| Material for the task |
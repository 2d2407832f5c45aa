-- ===== src/Chain/Orphans/Bounds.antt =====
-- The orphans stay within the limit, since every orphan is indexed.
use mathlib.Core.Path.{subst}
use vcash.Prelude.{
  length-filter, some-injective, ℕ, ◌≤◌, ◌<◌, ◌≡◌, ◌≢◌, refl, sym, ap, inl, inr, Bool, true, false,
  not, ◌||◌, List, [], ◌∷◌, length, All, All-weaken, All-filter, All-both, Among, Among-append_left,
  Among-append_last, Option, none, some, ltb, leb, ◌==◌, ltb→lt, not_ltb→le, ==→eq, eq→==,
  not_==→ne, Bool-cases, arith,
}
use vcash.Prelude.Maps
use vcash.Transaction.Features.{any}
use vcash.Chain.Types.{BlockHeader}
use vcash.Chain.Orphans.{
  Orphan, OrphanBlockPool, max_orphan_size, or_empty, hashes_at, push_hash, remove_all,
  insert_descending, descending, evict_loop, retain_young, cleanup, evict, with_orphan, add,
  take_all, remove_by_height,
}

abbrev Covered : List (ℕ × List ℕ) → ℕ → Type 0
Covered idx h = (k : ℕ) × Among h (hashes_at k idx)

-- Every orphan's hash is indexed under some height.
abbrev pub IsIndexed : OrphanBlockPool → Type 0
IsIndexed pool = All (λ (e : ℕ × Orphan). Covered pool.height_idx e.0) pool.orphans

Among-push :
    (k h x y : ℕ) (idx : List (ℕ × List ℕ))
    → Among x (hashes_at k idx)
    → Among x (hashes_at k (push_hash h y idx))
unfolding push_hash
Among-push k h x y idx m = elim (Bool-cases (h == k)) [
  | inl same ↦
      let e : k ≡ h = sym (==→eq h k same) in
      rw same (Among-append_left x (hashes_at h idx) (y ∷ []) (rw e at m))
  | inr other ↦
      let ne : k ≢ h = λ (e : k ≡ h). not_==→ne h k other (sym e) in
      rw (other, Maps.get-erase k h idx ne) m
]

Among-pushed : (h y : ℕ) (idx : List (ℕ × List ℕ)) → Among y (hashes_at h (push_hash h y idx))
unfolding push_hash
Among-pushed h y idx = rw (eq→== h h refl) (Among-append_last y (hashes_at h idx))

Among-insert_descending_self : (h : ℕ) (ks : List ℕ) → Among h (insert_descending h ks)
unfolding insert_descending
Among-insert_descending_self h [] = inl refl
Among-insert_descending_self h (k ∷ ks) = elim (Bool-cases (leb k h)) [
  | inl t ↦ rw t (inl refl)
  | inr f ↦ rw f (inr (Among-insert_descending_self h ks))
]

Among-insert_descending : (h x : ℕ) (ks : List ℕ) → Among x ks → Among x (insert_descending h ks)
unfolding insert_descending
Among-insert_descending h x [] m = absurd (m.lower)
Among-insert_descending h x (k ∷ ks) m = elim (Bool-cases (leb k h)) [
  | inl t ↦ rw t (inr m)
  | inr f ↦ rw f (elim m [ inl e ↦ inl e | inr n ↦ inr (Among-insert_descending h x ks n) ])
]

Among-descending : (x : ℕ) (ks : List ℕ) → Among x ks → Among x (descending ks)
unfolding descending
Among-descending x [] m = absurd (m.lower)
Among-descending x (k ∷ ks) (inl e) = rw e (Among-insert_descending_self k (descending ks))
Among-descending x (k ∷ ks) (inr m) =
    Among-insert_descending k x (descending ks) (Among-descending x ks m)

remove_all-All {ℓ} :
    (P : ℕ × Orphan → Type ℓ) (hs : List ℕ) (orphans : List (ℕ × Orphan))
    → All P orphans
    → All (λ e. P e × (Among e.0 hs → ⊥)) (remove_all hs orphans)
unfolding remove_all
remove_all-All P [] orphans ps = All-weaken P _ orphans (λ e p. (p, λ m. absurd (m.lower))) ps
remove_all-All P (h ∷ hs) orphans ps =
    All-weaken _ _ (remove_all hs (Maps.erase h orphans)) (λ e q. (q.0.0, λ m. outside e q m))
      (remove_all-All (λ e. P e × (not (e.0 == h) ≡ true)) hs (Maps.erase h orphans)
        (All-filter P _ orphans ps))
  where
    outside :
        (e : ℕ × Orphan)
        → (P e × (not (e.0 == h) ≡ true)) × (Among e.0 hs → ⊥)
        → Among e.0 (h ∷ hs)
        → ⊥
    outside e q (inl same) =
        let hit : e.0 == h ≡ true = eq→== (e.0) h same in
        let clash : false ≡ true = rw hit at (q.0.1) in cc
    outside e q (inr m) = q.1 m

-- Every orphan is indexed under a height that is still to be dropped.
abbrev Waiting : List ℕ → List (ℕ × List ℕ) → ℕ × Orphan → Type 0
Waiting heights idx e = (k : ℕ) × (Among k heights × Among e.0 (hashes_at k idx))

none-Waiting :
    (idx : List (ℕ × List ℕ)) (orphans : List (ℕ × Orphan))
    → All (Waiting [] idx) orphans
    → orphans ≡ []
none-Waiting idx [] ws = refl
none-Waiting idx (e ∷ es) (w, ws) = absurd (w.1.0.lower)

-- Who is not under the height that was dropped is under one of the others.
still-Waiting :
    (h : ℕ) (hs : List ℕ) (idx : List (ℕ × List ℕ)) (e : ℕ × Orphan)
    → Waiting (h ∷ hs) idx e × (Among e.0 (hashes_at h idx) → ⊥)
    → Waiting hs (Maps.erase h idx) e
still-Waiting h hs idx e ((k, (inl same, m)), out) = absurd (out (rw same at m))
still-Waiting h hs idx e ((k, (inr among, m)), out) =
    let other : k ≢ h = λ (same : k ≡ h). out (rw same at m) in
    (k, (among, rw (Maps.get-erase k h idx other) m))

-- The loop ends below the limit, with every orphan that is left still indexed.
evict_loop-IsIndexed :
    (heights : List ℕ) (orphans : List (ℕ × Orphan)) (idx : List (ℕ × List ℕ))
    → All (Waiting heights idx) orphans
    → let left = evict_loop heights orphans idx in
      (length left.0 < max_orphan_size) × All (λ (e : ℕ × Orphan). Covered left.1 e.0) left.0
unfolding evict_loop
evict_loop-IsIndexed [] orphans idx ws =
    let e = none-Waiting idx orphans ws in rw e (omega arith, tt)
evict_loop-IsIndexed (h ∷ hs) orphans idx ws =
    let fewer = remove_all (hashes_at h idx) orphans in
    let waiting : All (Waiting hs (Maps.erase h idx)) fewer =
      All-weaken _ _ fewer (still-Waiting h hs idx)
        (remove_all-All (Waiting (h ∷ hs) idx) (hashes_at h idx) orphans ws) in
    elim (Bool-cases (ltb (length fewer) max_orphan_size)) [
      | inl few ↦ rw few (
        ltb→lt (length fewer) max_orphan_size few,
        All-weaken _ _ fewer (λ e w. (w.0, w.1.1)) waiting,
      )
      | inr many ↦ rw many (evict_loop-IsIndexed hs fewer (Maps.erase h idx) waiting)
    ]

Among-any :
    (h : ℕ) (test : ℕ → Bool) (hs : List ℕ) → Among h hs → test h ≡ true → any test hs ≡ true
Among-any h test [] m t = absurd (m.lower)
Among-any h test (x ∷ hs) (inl e) t = rw (← e, t) refl
Among-any h test (x ∷ hs) (inr m) t = either (test x) (Among-any h test hs m t)
  where
    either : (b : Bool) {c : Bool} → c ≡ true → (b || c) ≡ true
    either true p = refl
    either false p = p

covered_key :
    (idx : List (ℕ × List ℕ)) (h k : ℕ)
    → Among h (hashes_at k idx)
    → (hs : List ℕ) × ((Maps.get k idx ≡ some hs) × Among h hs)
covered_key idx h k m = entry (Maps.get k idx) m
  where
    entry :
        (o : Option (List ℕ)) → Among h (or_empty o) → (hs : List ℕ) × ((o ≡ some hs) × Among h hs)
    entry none m = absurd (m.lower)
    entry (some hs) m = (hs, (refl, m))

cleanup-Covered :
    (orphans : List (ℕ × Orphan)) (idx : List (ℕ × List ℕ)) (h : ℕ)
    → Maps.contains_key h orphans ≡ true
    → Covered idx h
    → Covered (cleanup orphans idx) h
unfolding cleanup
cleanup-Covered orphans idx h live (k, m) =
    let (hs, (e, among)) = covered_key idx h k m in
    let kept =
      Maps.get-filter (λ (e : ℕ × List ℕ). any (λ x. Maps.contains_key x orphans) e.1) k hs idx e
        (Among-any h (λ x. Maps.contains_key x orphans) hs among live) in
    (k, rw kept among)

-- Every orphan is indexed, and there are at most 200.
abbrev pub IsBounded : OrphanBlockPool → Type 0
IsBounded pool = IsIndexed pool × (length pool.orphans ≤ max_orphan_size)

evict-IsBounded : (now : ℕ) (pool : OrphanBlockPool) → IsIndexed pool → IsBounded (evict now pool)
unfolding evict retain_young
evict-IsBounded now pool indexed =
    let heights = descending (Maps.keys pool.height_idx) in
    let young = retain_young now pool.orphans in
    let left = evict_loop heights young pool.height_idx in
    let (few, covered) = evict_loop-IsIndexed heights young pool.height_idx (
      All-weaken _ (Waiting heights pool.height_idx) young (λ e c. waiting e (c.0))
        (All-filter (λ (e : ℕ × Orphan). Covered pool.height_idx e.0) _ pool.orphans indexed)) in
    (
      All-weaken _ _ (left.0) (λ e c. cleanup-Covered (left.0) (left.1) (e.0) (c.0) (c.1))
          (All-both (λ (e : ℕ × Orphan). Maps.contains_key e.0 left.0 ≡ true)
            (λ (e : ℕ × Orphan). Covered left.1 e.0) (left.0) (Maps.All-contains_key (left.0))
            covered),
      omega (arith, few),
    )
  where
    waiting :
        (e : ℕ × Orphan)
        → Covered pool.height_idx e.0
        → Waiting (descending (Maps.keys pool.height_idx)) pool.height_idx e
    waiting e (k, m) =
        let (hs, (g, among)) = covered_key pool.height_idx (e.0) k m in
        (k, (Among-descending k _ (Maps.Among-keys k hs pool.height_idx g), m))

module _ (hash : BlockHeader → ℕ) where
  with_orphan-IsIndexed :
      (orphan : Orphan) (pool : OrphanBlockPool)
      → IsIndexed pool
      → IsIndexed (with_orphan hash orphan pool)
  unfolding with_orphan
  with_orphan-IsIndexed orphan pool indexed =
      let height = orphan.block.header.height in
      let h = hash orphan.block.header in
      (
        (height, Among-pushed height h pool.height_idx),
        All-weaken _ _ (Maps.erase h pool.orphans)
            (λ (e : ℕ × Orphan) c.
              (c.0.0, Among-push (c.0.0) height (e.0) h pool.height_idx (c.0.1)))
            (All-filter (λ (e : ℕ × Orphan). Covered pool.height_idx e.0) _ pool.orphans indexed),
      )

  -- Adding an orphan keeps every orphan indexed, and their number within the limit.
  pub add-IsBounded :
      (now : ℕ) (orphan : Orphan) (pool : OrphanBlockPool)
      → IsBounded pool
      → IsBounded (add hash now orphan pool)
  unfolding add
  add-IsBounded now orphan pool (indexed, few) =
      let more = with_orphan hash orphan pool in
      let there = with_orphan-IsIndexed orphan pool indexed in
      elim (Bool-cases (ltb max_orphan_size (length more.orphans))) [
        | inl over ↦ rw over (evict-IsBounded now more there)
        | inr within ↦ rw within (there, not_ltb→le max_orphan_size (length more.orphans) within)
      ]

take_all-rest :
    (hs : List ℕ) (orphans : List (ℕ × Orphan)) → (take_all hs orphans).1 ≡ remove_all hs orphans
unfolding take_all remove_all
take_all-rest [] orphans = refl
take_all-rest (h ∷ hs) orphans = take_all-rest hs (Maps.erase h orphans)

length-remove_all :
    (hs : List ℕ) (orphans : List (ℕ × Orphan)) → length (remove_all hs orphans) ≤ length orphans
unfolding remove_all
length-remove_all [] orphans = omega arith
length-remove_all (h ∷ hs) orphans = omega (
  arith,
  length-filter (λ (e : ℕ × Orphan). not (e.0 == h)) orphans,
  length-remove_all hs (Maps.erase h orphans),
)

pub remove_by_height-IsBounded :
    (height : ℕ) (pool : OrphanBlockPool) (r : List Orphan × OrphanBlockPool)
    → remove_by_height height pool ≡ some r
    → IsBounded pool
    → IsBounded (r.1)
unfolding remove_by_height
remove_by_height-IsBounded height pool r e (indexed, few) =
    taken (Maps.get height pool.height_idx) refl e
  where
    outside :
        (hs : List ℕ)
        → Maps.get height pool.height_idx ≡ some hs
        → (x : ℕ × Orphan) → Covered pool.height_idx x.0 × (Among x.0 hs → ⊥)
        → Covered (Maps.erase height pool.height_idx) (x.0)
    outside hs g x ((k, m), out) =
        let other : k ≢ height = λ (same : k ≡ height). out (rw g at (rw same at m)) in
        (k, rw (Maps.get-erase k height pool.height_idx other) m)

    taken :
        (o : Option (List ℕ))
        → Maps.get height pool.height_idx ≡ o
        → (elim o as (λ _. Option (List Orphan × OrphanBlockPool)) [
          | none ↦ none
          | some hs ↦
              let taken = take_all hs pool.orphans in
              some (
                taken.0,
                record pool { orphans = taken.1; height_idx = Maps.erase height pool.height_idx },
              )
        ])
          ≡ some r
        → IsBounded (r.1)
    taken none g e = absurd (cc)
    taken (some hs) g e =
        let p : OrphanBlockPool = record pool {
          orphans = (take_all hs pool.orphans).1;
          height_idx = Maps.erase height pool.height_idx;
        } in
        let same : p ≡ r.1 = ap (λ (x : List Orphan × OrphanBlockPool). x.1) (some-injective e) in
        subst IsBounded same (
          rw (take_all-rest hs pool.orphans) (
              All-weaken _ _ (remove_all hs pool.orphans) (outside hs g) (
                remove_all-All (λ (x : ℕ × Orphan). Covered pool.height_idx x.0) hs pool.orphans
                  indexed)),
          rw (take_all-rest hs pool.orphans) (omega (arith, length-remove_all hs pool.orphans)),
        )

| Work item |
The task calls for every line of the material that contains the string "arith".

| Answer to this problem |
  not_==→ne, Bool-cases, arith,
    let e = none-Waiting idx orphans ws in rw e (omega arith, tt)
      omega (arith, few),
length-remove_all [] orphans = omega arith
  arith,
          rw (take_all-rest hs pool.orphans) (omega (arith, length-remove_all hs pool.orphans)),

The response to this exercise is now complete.